My biggest fear is actually that nothing will happen. That it will be an adult's word against a child - over a smack on the face that didn't leave a mark. And that the second I start telling anyone what a big liar my Ex is and how I think she's emotionally abuse - and was *even gaslighting the kid *("I don't know what you're talking about") *the exact same way she gaslighted me for 2+ years *- they'll write me off as the "Bitter Ex Husband."

Plus I'm just not so good with patience lately. I calmed down yesterday after being a complete grouch with my poor kids all last weekend. But then I find myself "over-correcting" my oldest daughter now when she makes a smart-aleck comment or says something mean to her sister.

Someone at work just had a baby - and somehow the list of who is supposed to do what while she's gone is getting ignored. So - there's more work to go around - and everyone is standing around pointing fingers saying "no - that wasn't me" - even though Or better yet - not saying anything at all when my boss asks ME about someone else's report.

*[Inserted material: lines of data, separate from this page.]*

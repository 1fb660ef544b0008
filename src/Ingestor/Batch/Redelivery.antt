-- ===== src/Ingestor/Batch/Redelivery.antt =====
-- consumer.py: the effect of a batch that returns, as a whole, and of its redelivery.
use agentic_ml_engineering_l.Base.{
  String, Option, none, some, List, [], ◌∷◌, ◌++◌, ◌≡◌, ◌∙◌, ap, subst, Result, ok, arith, or_else,
}
use agentic_ml_engineering_l.Db.Upsert.{first, or_else_again}
use agentic_ml_engineering_l.Ingestor.{Settings, Message, Row, External, World, Env}
use agentic_ml_engineering_l.Ingestor.Write.Retry.{store, Outcome, stored}
use agentic_ml_engineering_l.Ingestor.Write.{Written}
use agentic_ml_engineering_l.Ingestor.Batch.{
  Progress, process_batch, collect, commit_offsets, next_offsets,
}
use agentic_ml_engineering_l.Ingestor.Batch.Grows.{OnReturn}
use agentic_ml_engineering_l.Ingestor.Batch.Commit.{
  Course, unread, unwritten, written, start, process_batch-Course, commit_offsets-Keeps,
}
use agentic_ml_engineering_l.Ingestor.Batch.Promise.{grown, tables_stored}
use agentic_ml_engineering_l.Ingestor.Batch.Reference.{
  Adds, collect-Adds, features_of, labels_of, letters_of,
}

module _ {B R D T : Type 0} (x : External B R D T) (s : Settings) where
  lookup-store :
      (rows : List (Row R D)) (t : T) (k : String)
      → x.landing.lookup (store x rows t) k
        ≡ or_else (x.landing.lookup t k) (first x.landing.key k rows)
  lookup-store [] t k = unfold first in ground arith
  lookup-store (r ∷ rows) t k = x.landing.lookup-insert (r ∷ rows) t k

  -- The database and the dead letters after a batch: a key that was in a table keeps its row, and
  -- a new key has the first row of the batch with it; the dead letters come behind the old ones.
  pub record Effect (env : Env) (batch : List (Message B)) (w v : World T) : Type 0 where
    pub features :
        (k : String)
        → x.landing.lookup v.tables.features k
          ≡ or_else
              (x.landing.lookup w.tables.features k)
              (first x.landing.key k (features_of x s batch))
    pub labels :
        (k : String)
        → x.landing.lookup v.tables.labels k
          ≡ or_else
              (x.landing.lookup w.tables.labels k)
              (first x.landing.key k (labels_of x s batch))
    pub letters : v.dlq ≡ w.dlq ++ letters_of x s env batch

  module _ (env : Env) (batch : List (Message B)) (w : World T) (p : Progress R D T) (r : Written T)
      (h : collect x s env batch (start x s env w) ≡ (ok tt, p))
      (o : Outcome x s env p.features_rows p.labels_rows p.world r) (e : r.result ≡ ok tt) where
    added :
        Adds x s env
          (start x s env w)
          (features_of x s batch)
          (labels_of x s batch)
          (letters_of x s env batch)
          p
    added =
        subst
          (OnReturn (
            Adds x s env (start x s env w) (features_of x s batch) (labels_of x s batch)
              (letters_of x s env batch)))
          h (collect-Adds x s env batch (start x s env w))

    abbrev after_commit : World T
    after_commit = (commit_offsets (next_offsets p.max_offset) env.commit_error r.world).1

    tables_after :
        after_commit.tables ≡ stored x (features_of x s batch) (labels_of x s batch) w.tables
    tables_after =
        (commit_offsets-Keeps x s env (next_offsets p.max_offset) env.commit_error r.world).tables
        ∙ tables_stored x s env batch w p r h o e
        ∙ rw (added.features_rows, added.labels_rows, (grown x s env batch w p r h o e).tables)

    written-Effect : Effect env batch w after_commit
    written-Effect = record {
      features = λ k. rw tables_after (lookup-store (features_of x s batch) w.tables.features k);
      labels = λ k. rw tables_after (lookup-store (labels_of x s batch) w.tables.labels k);
      letters =
          (commit_offsets-Keeps x s env (next_offsets p.max_offset) env.commit_error r.world).dlq
          ∙ o.rest.dlq
          ∙ added.letters;
    }

  abbrev world_of : World T → Option (Result (Unit {0}) × World T) → World T
  world_of v none = v
  world_of v (some (r, w)) = w

  Course-Effect :
      (env : Env) (batch : List (Message B)) (w v : World T)
      {c : Option (Result (Unit {0}) × World T)}
      → Course x s env batch w c
      → c ≡ some (ok tt, v)
      → Effect env batch w v
  Course-Effect env batch w v (unread e p h) q = cc
  Course-Effect env batch w v (unwritten e p r h o f) q = cc
  Course-Effect env batch w v (written p r h o f) q =
      subst (Effect env batch w) (ap (world_of v) q) (written-Effect env batch w p r h o f)

  -- After a batch that returns, a lookup in either table gives the row that was there, or else the first
  -- row with the key among the batch's valid messages of the table's topic; and the dead letters are
  -- those of before and behind them those of the batch's rejected messages, in order.
  pub process_batch-Effect :
      (env : Env) (batch : List (Message B)) (w v : World T)
      → process_batch x s env batch w ≡ some (ok tt, v)
      → Effect env batch w v
  process_batch-Effect env batch w v q =
      Course-Effect env batch w v (process_batch-Course x s env batch w) q

  -- When a batch that has returned is delivered again and returns, every lookup in both tables
  -- stays, whatever failed on the way in either run.
  pub process_batch_twice :
      (env again : Env) (batch : List (Message B)) (w v u : World T)
      → process_batch x s env batch w ≡ some (ok tt, v)
      → process_batch x s again batch v ≡ some (ok tt, u)
      → (k : String)
      → (x.landing.lookup u.tables.features k ≡ x.landing.lookup v.tables.features k)
        × (x.landing.lookup u.tables.labels k ≡ x.landing.lookup v.tables.labels k)
  process_batch_twice env again batch w v u q q' k =
      let a = process_batch-Effect env batch w v q in
      let b = process_batch-Effect again batch v u q' in
      (
        rw (b.features k, a.features k)
            (or_else_again (x.landing.lookup w.tables.features k)
              (first x.landing.key k (features_of x s batch))),
        rw (b.labels k, a.labels k)
            (or_else_again (x.landing.lookup w.tables.labels k)
              (first x.landing.key k (labels_of x s batch))),
      )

But hey - I'm just the grumpy, Bitter Ex Husband...


----------



## DaKarmaTrain!

nice777guy said:


> My biggest fear is actually that nothing will happen. That it will be an adult's word against a child - over a smack on the face that didn't leave a mark. And that the second I start telling anyone what a big liar my Ex is and how I think she's emotionally abuse - and was *even gaslighting the kid *("I don't know what you're talking about") *the exact same way she gaslighted me for 2+ years *- they'll write me off as the "Bitter Ex Husband."
> 
> Plus I'm just not so good with patience lately. I calmed down yesterday after being a complete grouch with my poor kids all last weekend. But then I find myself "over-correcting" my oldest daughter now when she makes a smart-aleck comment or says something mean to her sister.
> 
> Someone at work just had a baby - and somehow the list of who is supposed to do what while she's gone is getting ignored. So - there's more work to go around - and everyone is standing around pointing fingers saying "no - that wasn't me" - even though Or better yet - not saying anything at all when my boss asks ME about someone else's report.
> 
> But hey - I'm just the grumpy, Bitter Ex Husband...


Gotcha...I thought you were worried about it going bad (ie your kid taken into foster care etc).

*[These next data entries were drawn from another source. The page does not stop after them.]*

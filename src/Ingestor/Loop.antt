-- ===== src/Ingestor/Loop.antt =====
-- consumer.py, `_run`: the consume loop, one round for each turn of `while`.
pub mod Acknowledged
use agentic_ml_engineering_l.Base.{
  ℕ, String, Bool, true, false, Option, none, some, List, [], ◌∷◌, Exc, Result, ok, raise,
}
use agentic_ml_engineering_l.Base.Exception.{text}
use agentic_ml_engineering_l.Ingestor.{Settings, Message, External, World, Env}
use agentic_ml_engineering_l.Ingestor.Batch.{process_batch}

-- What one turn meets: what `_poll_batch` returns or raises, the failures, and the clock at the end.
pub record Round (B : Type 0) : Type 0 where
  pub polled : Result (List (Message B))
  pub env : Env
  pub now : ℕ

-- The fields of StreamIngestor that the loop writes; `closed` after `consumer.close()`.
pub record Loop (T : Type 0) : Type 0 where
  pub world : World T
  pub loop_error : Option String
  pub last_progress_at : ℕ
  pub closed : Bool

-- Whether the loop goes on, and its state.
pub data Turned (T : Type 0) : Type 0 where
  goes_on ends : Loop T → Turned T

module _ {T : Type 0} where
  -- `except Exception`, then `finally`.
  unfoldable pub die : Loop T → World T → Exc → Loop T
  die l w e = record {
    world = w;
    loop_error = some (text e);
    last_progress_at = l.last_progress_at;
    closed = true;
  }

  abbrev pub advance : Loop T → World T → ℕ → Loop T
  advance l w now = record l { world = w; last_progress_at = now }

module _ {B R D T : Type 0} (x : External B R D T) (s : Settings) where
  after_batch : Loop T → ℕ → Option (Result (Unit {0}) × World T) → Option (Turned T)
  unfolding die
  after_batch l now none = none
  after_batch l now (some (ok _, w)) = some (goes_on (advance l w now))
  after_batch l now (some (raise e, w)) = some (ends (die l w e))

  after_poll : Env → ℕ → Loop T → Result (List (Message B)) → Option (Turned T)
  unfolding after_batch
  after_poll env now l (raise e) = some (ends (die l l.world e))
  after_poll env now l (ok []) = some (goes_on (advance l l.world now))
  after_poll env now l (ok (m ∷ batch)) =
      after_batch l now (process_batch x s env (m ∷ batch) l.world)

  unfoldable pub turn : Round B → Loop T → Option (Turned T)
  unfolding after_poll
  turn r l = after_poll r.env r.now l r.polled

  -- The rounds until the stop event is set; an exception ends the loop before.
  unfoldable pub run : List (Round B) → Loop T → Option (Loop T)
  unfolding turn
  run [] l = some (record l { closed = true })
  run (r ∷ rounds) l = elim (turn r l) [
    | none ↦ none
    | some t ↦ elim t [ ends l' ↦ some l' | goes_on l' ↦ run rounds l' ]
  ]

The Train of Frustration will be leaving the Station VERY soon.

Again, if CPS is anything like up here you will find they are swamped/under-funded. Expect long delays in correspondance. Expect to be frustrated at every turn in the lack of action it appears they are taking. 

It has to be BAD before anything concrete happens. I used to complain about my STBXW being stoned around the kids. CAS met with her, and she ADMITTED she smoked dope and looked after them. She only got a slap on the wrist, and a 'Ah-ah-ah! You shouldn't be stoned around your children! If you want to smoke dope call Dad and have him look after the kids!' I was like WTF???

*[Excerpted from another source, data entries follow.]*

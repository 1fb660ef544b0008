-- ===== src/Ingestor/Loop/Acknowledged.antt =====
-- consumer.py, `_run`: the delivery model of the module's docstring, over the life of the loop.
use agentic_ml_engineering_l.Base.{
  true, Option, none, some, List, [], ◌∷◌, ◌++◌, map, ◌≡◌, refl, sym, ap, subst, ◌∙◌, Result, ok,
  raise, In, All, All-map, All-append, inl, inr, ◌⊎◌, ℕ,
}
use agentic_ml_engineering_l.Db.Upsert.{Holds, Holds-insert}
use agentic_ml_engineering_l.Ingestor.{Settings, Message, Row, Envelope, External, World, Env, Key}
use agentic_ml_engineering_l.Ingestor.Write.Retry.{Ends, store}
use agentic_ml_engineering_l.Ingestor.Batch.{Progress, process_batch, collect, next_offsets}
use agentic_ml_engineering_l.Ingestor.Batch.Handled.{Taken-mono, Handled}
use agentic_ml_engineering_l.Ingestor.Batch.Grows.{Grows, IsReported}
use agentic_ml_engineering_l.Ingestor.Batch.Collect.{collect-Grows}
use agentic_ml_engineering_l.Ingestor.Batch.Commit.{
  Course, unread, unwritten, written, start, process_batch-Course, commit_offsets-Keeps,
}
use agentic_ml_engineering_l.Ingestor.Batch.Promise.{
  Promise, Below, process_batch_promises, Course-IsReported, tables_stored,
}
use agentic_ml_engineering_l.Ingestor.Loop.{
  Round, Loop, Turned, goes_on, ends, die, advance, turn, after_poll, after_batch, run,
}

module _ {B R D T : Type 0} (x : External B R D T) where
  -- No row and no dead letter is lost, and the dead letters keep having reports.
  pub record Later (w v : World T) : Type 0 where
    pub features :
        (r : Row R D) → Holds x.landing w.tables.features r → Holds x.landing v.tables.features r
    pub labels :
        (r : Row R D) → Holds x.landing w.tables.labels r → Holds x.landing v.tables.labels r
    pub letters : (letter : Envelope) → In letter w.dlq → In letter v.dlq
    pub reported : IsReported w → IsReported v

  Later-refl : (w : World T) → Later w w
  Later-refl w = record {
    features = λ r h. h;
    labels = λ r h. h;
    letters = λ d i. i;
    reported = λ h. h;
  }

  Later-trans : {u v w : World T} → Later u v → Later v w → Later u w
  Later-trans a b = record {
    features = λ r h. b.features r (a.features r h);
    labels = λ r h. b.labels r (a.labels r h);
    letters = λ d i. b.letters d (a.letters d i);
    reported = λ h. b.reported (a.reported h);
  }

  Handled-Later :
      (s : Settings) {w v : World T} (m : Message B) → Later w v → Handled x s w m → Handled x s v m
  Handled-Later s {w} {v} m a h =
      Taken-mono x s (Holds x.landing w.tables.features) (Holds x.landing w.tables.labels)
        (Holds x.landing v.tables.features) (Holds x.landing v.tables.labels) w.dlq v.dlq a.features
        a.labels a.letters m h

  Holds-store_old :
      (rows : List (Row R D)) (t : T) (r : Row R D)
      → Holds x.landing t r
      → Holds x.landing (store x rows t) r
  Holds-store_old [] t r h = h
  Holds-store_old (a ∷ rows) t r h = Holds-insert x.landing (a ∷ rows) t r h

module _ {B R D T : Type 0} (x : External B R D T) (s : Settings) where
  module _ (env : Env) where
    collected-Grows :
        (batch : List (Message B)) (w : World T) (r : Result (Unit {0})) (p : Progress R D T)
        → collect x s env batch (start x s env w) ≡ (r, p)
        → Grows (start x s env w) p
    collected-Grows batch w r p h =
        subst (λ (c : Result (Unit {0}) × Progress R D T). Grows (start x s env w) c.1) h
          (collect-Grows x s env batch (start x s env w))

    abbrev LaterIf : World T → Option (Result (Unit {0}) × World T) → Type 0
    LaterIf w none = Unit
    LaterIf w (some (a, v)) = Later x w v

    same-Later :
        (w v : World T)
        → v.tables ≡ w.tables
        → ((letter : Envelope) → In letter w.dlq → In letter v.dlq)
        → (IsReported w → IsReported v)
        → Later x w v
    same-Later w v e f k = record {
      features = λ r h. rw e h;
      labels = λ r h. rw e h;
      letters = f;
      reported = k;
    }

    -- A batch loses nothing, on each of its courses.
    Course-Later :
        (batch : List (Message B)) (w : World T) {c : Option (Result (Unit {0}) × World T)}
        → Course x s env batch w c
        → LaterIf w c
    Course-Later batch w (unread e p h) =
        let g = collected-Grows batch w (raise e) p h in
        same-Later w p.world g.tables g.letters g.reported
    Course-Later batch w (unwritten e p r h o f) =
        let g = collected-Grows batch w (ok tt) p h in
        let end = subst (Ends x s env p.features_rows p.labels_rows p.world r) f o.ends in
        same-Later w r.world (end.0 ∙ g.tables) (λ d i. rw o.rest.dlq (g.letters d i))
          (λ k. Course-IsReported x s env batch w (unwritten e p r h o f) k _ _ refl)
    Course-Later batch w (written p r h o f) =
        let g = collected-Grows batch w (ok tt) p h in
        let k = commit_offsets-Keeps x s env (next_offsets p.max_offset) env.commit_error r.world in
        let t = k.tables ∙ tables_stored x s env batch w p r h o f in
        record {
          features =
              λ a i. rw (t, g.tables) (Holds-store_old x p.features_rows w.tables.features a i);
          labels = λ a i. rw (t, g.tables) (Holds-store_old x p.labels_rows w.tables.labels a i);
          letters = λ d i. rw (k.dlq, o.rest.dlq) (g.letters d i);
          reported = λ k. Course-IsReported x s env batch w (written p r h o f) k _ _ refl;
        }

    process_batch-Later :
        (batch : List (Message B)) (w v : World T) {a : Result (Unit {0})}
        → process_batch x s env batch w ≡ some (a, v)
        → Later x w v
    process_batch-Later batch w v q =
        subst (LaterIf w) q (Course-Later batch w (process_batch-Course x s env batch w))

  -- Offsets that the broker has accepted for a batch, whose messages are handled and lie below them.
  abbrev pub Kept : World T → List (Key × ℕ) × List (Message B) → Type 0
  Kept v (offsets, batch) = All (Handled x s v) batch × All (Below offsets) batch

  Kept-Later :
      {w v : World T} (a : List (Key × ℕ) × List (Message B)) → Later x w v → Kept w a → Kept v a
  Kept-Later {w} {v} (offsets, batch) l (h, b) =
      (All-map (Handled x s w) (Handled x s v) batch (λ m k. Handled-Later x s m l k) h, b)

  -- What a turn does to the world: it loses nothing, and if offsets were committed, they were for
  -- the batch of the turn.
  abbrev pub Step : Round B → World T → World T → Type 0
  Step r w v =
      Later x w v
      × ((v.commits ≡ w.commits)
          ⊎ ((a : List (Key × ℕ) × List (Message B)) × (r.polled ≡ ok a.1)
              × (v.commits ≡ a.0 ∷ w.commits)
              × Kept v a))

  abbrev StepOf : Round B → World T → Turned T → Type 0
  StepOf r w (goes_on l) = Step r w l.world
  StepOf r w (ends l) = Step r w l.world × (l.closed ≡ true)

  process_batch-Step :
      (r : Round B) (batch : List (Message B)) (w v : World T) (a : Result (Unit {0}))
      → r.polled ≡ ok batch
      → process_batch x s r.env batch w ≡ some (a, v)
      → Promise x s r.env batch w v
      → Step r w v
  process_batch-Step r batch w v a e q (inl c) = (process_batch-Later r.env batch w v q, inl c)
  process_batch-Step r batch w v a e q (inr (offsets, c, n, h, b)) =
      (process_batch-Later r.env batch w v q, inr ((offsets, batch), e, c, (h, b)))

  after_batch-Step :
      (r : Round B) (l : Loop T) (a : Result (Unit {0})) (v : World T)
      → Step r l.world v
      → (t : Turned T) × (after_batch x s l r.now (some (a, v)) ≡ some t) × StepOf r l.world t
  unfolding after_batch die
  after_batch-Step r l (ok _) v h = (goes_on (advance l v r.now), refl, h)
  after_batch-Step r l (raise e) v h = (ends (die l v e), refl, (h, refl))

  after_poll-Step :
      (r : Round B) (l : Loop T) (p : Result (List (Message B)))
      → r.polled ≡ p
      → (t : Turned T) × (after_poll x s r.env r.now l p ≡ some t) × StepOf r l.world t
  after_poll-Step r l (raise e) h = (
    ends (die l l.world e),
    unfold after_poll in refl,
    (unfold die in (Later-refl x l.world, inl refl), unfold die in refl),
  )
  after_poll-Step r l (ok []) h = (
    goes_on (advance l l.world r.now),
    unfold after_poll in refl,
    (Later-refl x l.world, inl refl),
  )
  after_poll-Step r l (ok (m ∷ batch)) h =
      let (a, v, q, k) = process_batch_promises x s r.env (m ∷ batch) l.world in
      let (t, e, st) =
        after_batch-Step r l a v (process_batch-Step r (m ∷ batch) l.world v a h q k) in
      (t, unfold after_poll in (ap (after_batch x s l r.now) q ∙ e), st)

  turn-Step :
      (r : Round B) (l : Loop T) → (t : Turned T) × (turn x s r l ≡ some t) × StepOf r l.world t
  turn-Step r l = unfold turn in after_poll-Step r l r.polled refl

  -- Everything acknowledged in the rounds, newest first: the commits of the loop's life, each for
  -- a batch that was polled, and each kept at the end.
  abbrev pub Delivered : List (Round B) → List (Message B) → Type 0
  Delivered [] batch = ⊥
  Delivered (r ∷ rounds) batch = (r.polled ≡ ok batch) ⊎ Delivered rounds batch

  pub record Acknowledged (rounds : List (Round B)) (w v : World T) : Type 0 where
    pub acked : List (List (Key × ℕ) × List (Message B))
    pub commits : v.commits ≡ map (λ a. a.0) acked ++ w.commits
    pub kept : All (Kept v) acked
    pub polled : All (λ a. Delivered rounds a.1) acked
    pub later : Later x w v

  run_lem :
      (r : Round B) (rounds : List (Round B)) (l : Loop T) {t : Turned T}
      → turn x s r l ≡ some t
      → run x s (r ∷ rounds) l ≡ elim t [ ends l' ↦ some l' | goes_on l' ↦ run x s rounds l' ]
  run_lem r rounds l h = unfold run in rw (h, run)

  commits_snoc :
      (a : List (Key × ℕ) × List (Message B)) (acked : List (List (Key × ℕ) × List (Message B)))
      (w : List (List (Key × ℕ)))
      → map (λ a. a.0) (acked ++ a ∷ []) ++ w ≡ map (λ a. a.0) acked ++ a.0 ∷ w
  commits_snoc a [] w = refl
  commits_snoc a (b ∷ acked) w = ap (◌∷◌ b.0) (commits_snoc a acked w)

  Acknowledged-none :
      (rounds : List (Round B)) (w v : World T)
      → Later x w v
      → v.commits ≡ w.commits
      → Acknowledged rounds w v
  Acknowledged-none rounds w v l c = record {
    acked = [];
    commits = c;
    kept = tt;
    polled = tt;
    later = l;
  }

  Acknowledged-later :
      (r : Round B) (rounds : List (Round B)) (w u v : World T)
      → Step r w u
      → Acknowledged rounds u v
      → Acknowledged (r ∷ rounds) w v
  Acknowledged-later r rounds w u v (l, inl c) k = record {
    acked = k.acked;
    commits = k.commits ∙ ap (λ h. map (λ a. a.0) k.acked ++ h) c;
    kept = k.kept;
    polled =
        All-map (λ a. Delivered rounds a.1) (λ a. Delivered (r ∷ rounds) a.1) k.acked (λ a h. inr h)
          k.polled;
    later = Later-trans x l k.later;
  }
  Acknowledged-later r rounds w u v (l, inr (a, e, c, h)) k = record {
    acked = k.acked ++ a ∷ [];
    commits =
        k.commits
        ∙ ap (λ h. map (λ a. a.0) k.acked ++ h) c
        ∙ sym (commits_snoc a k.acked w.commits);
    kept = All-append (Kept v) k.acked (a ∷ []) k.kept (Kept-Later a k.later h, tt);
    polled =
        All-append (λ a. Delivered (r ∷ rounds) a.1) k.acked (a ∷ [])
          (All-map (λ a. Delivered rounds a.1) (λ a. Delivered (r ∷ rounds) a.1) k.acked
            (λ a h. inr h) k.polled)
          (inl e, tt);
    later = Later-trans x l k.later;
  }

  run_turned :
      (r : Round B) (rounds : List (Round B)) (l : Loop T) (t : Turned T)
      → turn x s r l ≡ some t
      → StepOf r l.world t
      → ((l' : Loop T)
          → (l'' : Loop T) × (run x s rounds l' ≡ some l'')
            × (l''.closed ≡ true)
            × Acknowledged rounds l'.world l''.world)
      → (l'' : Loop T) × (run x s (r ∷ rounds) l ≡ some l'')
        × (l''.closed ≡ true)
        × Acknowledged (r ∷ rounds) l.world l''.world
  run_turned r rounds l (goes_on l') h st f =
      let (l'', q, c, k) = f l' in
      (
        l'',
        run_lem r rounds l h ∙ q,
        c,
        Acknowledged-later r rounds l.world l'.world l''.world st k,
      )
  run_turned r rounds l (ends l') h (st, c) f = (
    l',
    run_lem r rounds l h,
    c,
    Acknowledged-later r rounds l.world l'.world l'.world st
        (Acknowledged-none rounds l'.world l'.world (Later-refl x l'.world) refl),
  )

  -- Over rounds whose calls all return or raise, with the stop event set after the last, the loop ends
  -- with the consumer closed, and what it acknowledged is kept: each commit of its life is for a batch
  -- that it polled, with offsets above its messages, and each of its messages that has a topic, a
  -- partition and an offset (the others are skipped) has at the end its row in the database or a dead
  -- letter that was handed to the producer. No row and no dead letter of before is lost; and where each
  -- letter before has a report of its delivery, possibly that it failed, each letter at the end has one.
  pub run-Acknowledged :
      (rounds : List (Round B)) (l : Loop T)
      → (l' : Loop T) × (run x s rounds l ≡ some l')
        × (l'.closed ≡ true)
        × Acknowledged rounds l.world l'.world
  run-Acknowledged [] l = (
    record l { closed = true },
    unfold run in refl,
    refl,
    Acknowledged-none [] l.world l.world (Later-refl x l.world) refl,
  )
  run-Acknowledged (r ∷ rounds) l =
      let (t, h, st) = turn-Step r l in
      run_turned r rounds l t h st (λ l'. run-Acknowledged rounds l')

And that wasn't all...I complained about EVERYTHING...like when my kids would come over to my place and say there was nothing to eat at mom's (mom needed party money so groceries took a back seat). I complained, and CAS went to check it out. They found stuff like crackers/potato chips/hotdogs etc. Since there was food, they wouldn't do anything. Come on, this isn't West Africa. I was p!ssed because with the money I was giving her she could definitely afford good food.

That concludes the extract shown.